There's no need to spend $999 for a good phone these days
Apple's new iPhone X is special. It has flashy upgrades, facial recognition and animated emoji, all in celebration of the iPhone's 10-year anniversary. And its price tag is appropriately special: $999 and up.
But not everyone will find those extra features necessary. A solid phone that takes good pictures and lets you communicate with loved ones doesn't have to cost that much. Here are some options.
GO BACK A MODEL—OR TWO
Going with an older phone can mean significant savings, but it won't come with the latest camera and screen technology of the newest phones. IPhones will get the latest software updates, though. Many Android models will, too, although you may have to wait longer.

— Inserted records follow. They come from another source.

-- ===== src/Help/Answer/Grounded.antt =====
-- What an answer shows comes from an article that the actor may see: apps/api/src/help/engine.ts.
use mathlib.Core.List.{Memᴰ}
use hanamaru_shientool_prod.Prelude.{
  ℕ, ◌≤◌, ◌≡◌, refl, ◌≢◌, ◌⊎◌, inl, inr, Bool, true, false, Option, none, some, List, [], ◌∷◌, map,
  arith, Bool-cases, length, keep, find, take, All, All-keep, All-take, All-member, keep-All,
  find-eq-some, length-take, leb, any, String, not,
}
use hanamaru_shientool_prod.Prelude.Text.{is_empty, trim, str_eq}
use hanamaru_shientool_prod.Help.{
  Actor, Section, Link, Article, OtherApp, Catalog, includes, may_see, visible_articles,
}
use hanamaru_shientool_prod.Prelude.Substrings.{contains}
use hanamaru_shientool_prod.Help.Search.{Unicode, score, insert, sort, search_articles}
use hanamaru_shientool_prod.Help.Answer.{
  Kind, answer, HelpAnswer, HelpQuestion, HelpSelection, Selector, asks_for_action, search_query,
  help_link, no_answer, prepared, shown, from_article, by_choice, from_ranked, from_other,
  ranked_articles, answer_question,
}

module _ {κ} (P : Article → Type κ) where
  All-insert :
      (x : Article × ℕ) (xs : List (Article × ℕ))
      → P x.0
      → All (λ (y : Article × ℕ). P y.0) xs
      → All (λ (y : Article × ℕ). P y.0) (insert x xs)
  All-insert x [] p h = (p, tt)
  All-insert x (y ∷ ys) p (q, h) = ground (arith, All-insert x ys p h)

  All-sort :
      (xs : List (Article × ℕ))
      → All (λ (y : Article × ℕ). P y.0) xs
      → All (λ (y : Article × ℕ). P y.0) (sort xs)
  All-sort [] h = tt
  All-sort (x ∷ xs) (p, h) = All-insert x (sort xs) p (All-sort xs h)

  All-scored :
      (f : Article → ℕ) (as' : List Article)
      → All P as'
      → All (λ (y : Article × ℕ). P y.0) (map (λ a. (a, f a)) as')
  All-scored f [] h = tt
  All-scored f (a ∷ as') (p, h) = (p, All-scored f as' h)

  All-unscored :
      (xs : List (Article × ℕ))
      → All (λ (y : Article × ℕ). P y.0) xs
      → All P (map (λ (x : Article × ℕ). x.0) xs)
  All-unscored [] h = tt
  All-unscored (x ∷ xs) (p, h) = (p, All-unscored xs h)

  -- A search gives back articles of the list that it is given.
  pub All-search_articles :
      (u : Unicode) (as' : List Article) (q : String)
      → All P as'
      → All (λ (y : Article × ℕ). P y.0) (search_articles u as' q)
  unfolding search_articles
  All-search_articles u as' q h = elim (Bool-cases (is_empty (trim q))) [
    | inl blank_query ↦ rw blank_query (All-scored (λ a. 100) as' h)
    | inr words ↦ rw words (
        All-sort (keep (λ x. leb 200 x.1) (map (λ a. (a, score u q a)) as')) (
          All-keep (λ (y : Article × ℕ). P y.0) (λ x. leb 200 x.1) (map (λ a. (a, score u q a)) as')
            (All-scored (score u q) as' h)))
  ]

-- An article of the catalogue that the actor may see.
abbrev pub IsVisible : Catalog → Actor → Article → Type 0
IsVisible catalog actor a = Memᴰ a catalog.articles × (may_see actor a ≡ true)

All-both {ℓ κ μ} :
    {A : Type ℓ} (P : A → Type κ) (Q : A → Type μ) (xs : List A)
    → All P xs
    → All Q xs
    → All (λ x. P x × Q x) xs
All-both P Q [] h k = tt
All-both P Q (x ∷ xs) (p, h) (q, k) = ((p, q), All-both P Q xs h k)

visible_articles-IsVisible :
    (catalog : Catalog) (actor : Actor)
    → All (IsVisible catalog actor) (visible_articles catalog actor)
unfolding visible_articles
visible_articles-IsVisible catalog actor =
    All-both (λ a. Memᴰ a catalog.articles) (λ a. may_see actor a ≡ true) _
      (All-keep (λ a. Memᴰ a catalog.articles) (may_see actor) catalog.articles
        (All-member catalog.articles))
      (keep-All (may_see actor) catalog.articles)

ranked_articles-IsVisible :
    (u : Unicode) (catalog : Catalog) (actor : Actor) (input : HelpQuestion)
    → All (IsVisible catalog actor) (ranked_articles u catalog actor input)
unfolding ranked_articles
ranked_articles-IsVisible u catalog actor input =
    let allowed = visible_articles catalog actor in
    let query = search_query allowed input in
    All-unscored (IsVisible catalog actor) (take 4 (search_articles u allowed query)) (
      All-take (λ (y : Article × ℕ). IsVisible catalog actor y.0) 4
        (search_articles u allowed query)
        (All-search_articles (IsVisible catalog actor) u allowed query
          (visible_articles-IsVisible catalog actor)))

-- What an answer of kind `answer` shows, and where it comes from.
pub record IsGrounded (P : Article → Type 0) (r : HelpAnswer) : Type 0 where
  pub article : Article
  pub allowed : P article
  pub sections : All (λ s. Memᴰ s article.sections) r.sections
  pub few : length r.sections ≤ 4
  pub sources : r.sources ≡ help_link article ∷ []
  pub screens : r.screens ≡ article.screens

-- The links that a reply may name.
abbrev pub LinksTo : (Article → Type 0) → Link → Type 0
LinksTo P l = (a : Article) × P a × (l ≡ help_link a)

-- A reply is either grounded, or shows no section and names only articles of the kind allowed.
abbrev pub IsSafe : (Article → Type 0) → HelpAnswer → Type 0
IsSafe P r =
    ((r.kind ≡ answer) × IsGrounded P r)
    ⊎ ((r.kind ≢ answer) × (r.sections ≡ []) × (r.screens ≡ []) × All (LinksTo P) r.sources)

module _ (P : Article → Type 0) (sources : List Link) (linked : All (LinksTo P) sources) where
  refused : (k : Kind) → k ≢ answer → IsSafe P (no_answer k sources)
  refused k other = inr (other, refl, refl, linked)

  prepared-All :
      (a : Article) (o : Option Section) (chosen : List Section)
      → find (λ (c : Section). str_eq c.title "操作前の確認") a.sections ≡ o
      → All (λ s. Memᴰ s a.sections) chosen
      → All (λ s. Memᴰ s a.sections) (prepared o chosen)
  prepared-All a none chosen e h = h
  prepared-All a (some c) chosen e h =
      let first =
        find-eq-some (λ s. Memᴰ s a.sections) (λ (c : Section). str_eq c.title "操作前の確認") a.sections
          c (All-member a.sections) e in
      All-take (λ s. Memᴰ s a.sections) 4
        (c ∷ keep (λ (s : Section). not (str_eq s.id c.id)) chosen)
        (
          first.0,
          All-keep (λ s. Memᴰ s a.sections) (λ (s : Section). not (str_eq s.id c.id)) chosen h,
        )

  length-prepared :
      (o : Option Section) (chosen : List Section)
      → length chosen ≤ 4
      → length (prepared o chosen) ≤ 4
  length-prepared none chosen h = h
  length-prepared (some c) chosen h =
      length-take 4 (c ∷ keep (λ (s : Section). not (str_eq s.id c.id)) chosen)

  shown-IsSafe :
      (a : Article) (chosen : List Section)
      → P a
      → All (λ s. Memᴰ s a.sections) chosen
      → length chosen ≤ 4
      → IsSafe P (shown a chosen sources)
  shown-IsSafe a [] p h few = refused Kind.not_found (λ e. cc)
  shown-IsSafe a (s ∷ ss) p h few =
      let first = find (λ (c : Section). str_eq c.title "操作前の確認") a.sections in
      inl (
        refl,
        record {
          article = a;
          allowed = p;
          sections = prepared-All a first (s ∷ ss) refl h;
          few = length-prepared first (s ∷ ss) few;
          sources = refl;
          screens = refl;
        },
      )

  from_article-IsSafe :
      (o : Option Article) (ids : Option (List String))
      → ((a : Article) → o ≡ some a → P a)
      → IsSafe P (from_article o ids sources)
  from_article-IsSafe none ids p = refused Kind.not_found (λ e. cc)
  from_article-IsSafe (some a) none p = refused Kind.not_found (λ e. cc)
  from_article-IsSafe (some a) (some ids) p =
      shown-IsSafe a (take 4 (keep (λ (s : Section). includes ids s.id) a.sections)) (p a refl)
        (All-take (λ s. Memᴰ s a.sections) 4 (keep (λ (s : Section). includes ids s.id) a.sections)
          (All-keep (λ s. Memᴰ s a.sections) (λ (s : Section). includes ids s.id) a.sections
            (All-member a.sections)))
        (length-take 4 (keep (λ (s : Section). includes ids s.id) a.sections))

  by_choice-IsSafe :
      (ranked : List Article) (o : Option HelpSelection)
      → All P ranked
      → IsSafe P (by_choice ranked sources o)
  by_choice-IsSafe ranked none h = refused Kind.unavailable (λ e. cc)
  by_choice-IsSafe ranked (some choice) h = elim (Bool-cases choice.clarify) [
    | inl unclear ↦ rw unclear (refused Kind.clarify (λ e. cc))
    | inr clear ↦ rw clear (
        from_article-IsSafe (find (λ (a : Article). str_eq a.slug choice.slug) ranked)
          choice.section_ids
          (λ a e. (find-eq-some P (λ (a : Article). str_eq a.slug choice.slug) ranked a h e).0))
  ]

links :
    (P : Article → Type 0) (as' : List Article) → All P as' → All (LinksTo P) (map help_link as')
links P [] h = tt
links P (a ∷ as') (p, h) = ((a, p, refl), links P as' h)

from_ranked-IsSafe :
    (P : Article → Type 0) (select : Selector) (input : HelpQuestion) (enabled : Bool)
    (ranked : List Article)
    → All P ranked
    → IsSafe P (from_ranked select input enabled ranked)
from_ranked-IsSafe P select input enabled [] h = refused P [] tt Kind.not_found (λ e. cc)
from_ranked-IsSafe P select input true (a ∷ as') h =
    by_choice-IsSafe P (map help_link (take 3 (a ∷ as')))
      (links P (take 3 (a ∷ as')) (All-take P 3 (a ∷ as') h)) (a ∷ as')
      (select input.question input.history (a ∷ as')) h
from_ranked-IsSafe P select input false (a ∷ as') h =
    refused P (map help_link (take 3 (a ∷ as')))
      (links P (take 3 (a ∷ as')) (All-take P 3 (a ∷ as') h)) Kind.unavailable (λ e. cc)

-- A reply that sends the user to another application of the catalogue.
abbrev pub IsReferral : Catalog → HelpAnswer → Type 0
IsReferral catalog r =
    (o : OtherApp) × Memᴰ o catalog.other_apps
    × (r.kind ≡ Kind.cross_app)
    × (r.sections ≡ [])
    × (r.screens ≡ [])
    × ((l : Link) × (r.sources ≡ l ∷ []) × (l.href ≡ o.href))

from_other-IsSafe :
    (catalog : Catalog) (P : Article → Type 0) (o : Option OtherApp) (r : HelpAnswer)
    → ((a : OtherApp) → o ≡ some a → Memᴰ a catalog.other_apps)
    → IsSafe P r
    → IsReferral catalog (from_other o r) ⊎ IsSafe P (from_other o r)
from_other-IsSafe catalog P none r h s = inr s
from_other-IsSafe catalog P (some o) r h s = inl (o, h o refl, refl, refl, refl, (_, refl, refl))

-- Whatever the selector returns, and whether or not it throws: an answer shows four sections at
-- most, all of one article of the catalogue that the actor may see, with that article's link and
-- screens. Any other reply shows no section and no screen, and names only articles that the
-- actor may see, or one other application of the catalogue.
pub answer_question-IsSafe :
    (u : Unicode) (catalog : Catalog) (actor : Actor) (input : HelpQuestion) (select : Selector)
    (enabled : Bool)
    → let r = answer_question u catalog actor input select enabled in
      IsReferral catalog r ⊎ IsSafe (IsVisible catalog actor) r
unfolding answer_question
answer_question-IsSafe u catalog actor input select enabled =
    elim (Bool-cases (asks_for_action input.question)) [
      | inl acting ↦
          rw acting (inr (refused (IsVisible catalog actor) [] tt Kind.restricted (λ e. cc)))
      | inr asking ↦
          let ranked = ranked_articles u catalog actor input in
          let apps =
            find (λ (o : OtherApp). any (contains input.question) o.keywords) catalog.other_apps in
          rw asking (
            from_other-IsSafe catalog (IsVisible catalog actor) apps
              (from_ranked select input enabled ranked)
              (λ o e.
                (find-eq-some (λ x. Memᴰ x catalog.other_apps)
                  (λ (o : OtherApp). any (contains input.question) o.keywords) catalog.other_apps o
                  (All-member catalog.other_apps) e).0)
              (from_ranked-IsSafe (IsVisible catalog actor) select input enabled ranked
                (ranked_articles-IsVisible u catalog actor input)))
    ]

from_ranked_off :
    (s t : Selector) (input : HelpQuestion) (ranked : List Article)
    → from_ranked s input false ranked ≡ from_ranked t input false ranked
from_ranked_off s t input [] = refl
from_ranked_off s t input (a ∷ as') = refl

-- A request to act for the user, a question for another application, and a question while the service is
-- disabled have the same reply whatever the selector answers.
pub answer_question_unasked :
    (u : Unicode) (catalog : Catalog) (actor : Actor) (input : HelpQuestion) (s t : Selector)
    (enabled : Bool)
    → ((asks_for_action input.question ≡ true)
        ⊎ ((enabled ≡ false)
            ⊎ ((o : OtherApp) × (find
                    (λ (o : OtherApp). any (contains input.question) o.keywords)
                    catalog.other_apps
                  ≡ some o))))
    → answer_question u catalog actor input s enabled
      ≡ answer_question u catalog actor input t enabled
unfolding answer_question
answer_question_unasked u catalog actor input s t enabled (inl acting) = rw acting refl
answer_question_unasked u catalog actor input s t enabled (inr (inl off)) =
    rw off (rw (from_ranked_off s t input (ranked_articles u catalog actor input)) refl)
answer_question_unasked u catalog actor input s t enabled (inr (inr (o, other))) = rw other refl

The iPhone 6S, released two years ago, now starts at $449. Last year's iPhone 7 costs $100 more. Samsung's Galaxy S7, launched in March 2016, costs $576.
Buying a refurbished model can be even cheaper than buying a new-but-outdated model, though it's more risky, because it could come with problems.
It's a big plus if your used phone has been updated with a new battery; those start to give out after about 18 months, said Matt Zieminski, an account manager with iFixit, which sells tools for repairing gadgets. Older batteries tend to run down quickly. Zieminski also recommends taking into account which seller is going to offer the longest warranty.
Apple says refurbished phones include a new battery and outer shell, and have a one-year warranty. It sells a refurbished iPhone 6S for less than $400. Samsung's website sells used phones with a one-year warranty as well. A Galaxy S6 is $349.
Carriers sell used phones too, typically with a 90-day warranty. So do Best Buy and Amazon; warranties vary. You can also buy phones off people on Craigslist, or friends and family members, but those won't likely come with a return policy, so buyer beware.
There are many Android cellphones, often from Asia, that cost substantially less than a new Galaxy or iPhone. Many won't have an excellent camera—but depending on your photography skills, you might not even notice. Some won't have the technology that lets you pay by phone at store registers.
One tech-blog favorite, the OnePlus 5, starts at $479, has an excellent camera and a long-lasting battery, but doesn't work with Sprint or Verizon. Motorola's Moto G is well-made, budget-friendly at $230 and works with the major carriers—but in a review of a past model , the camera wasn't as good as pricier phones. The Wirecutter reviews site has a write-up of the latest version of the Moto G and tips on the best cheap Android models.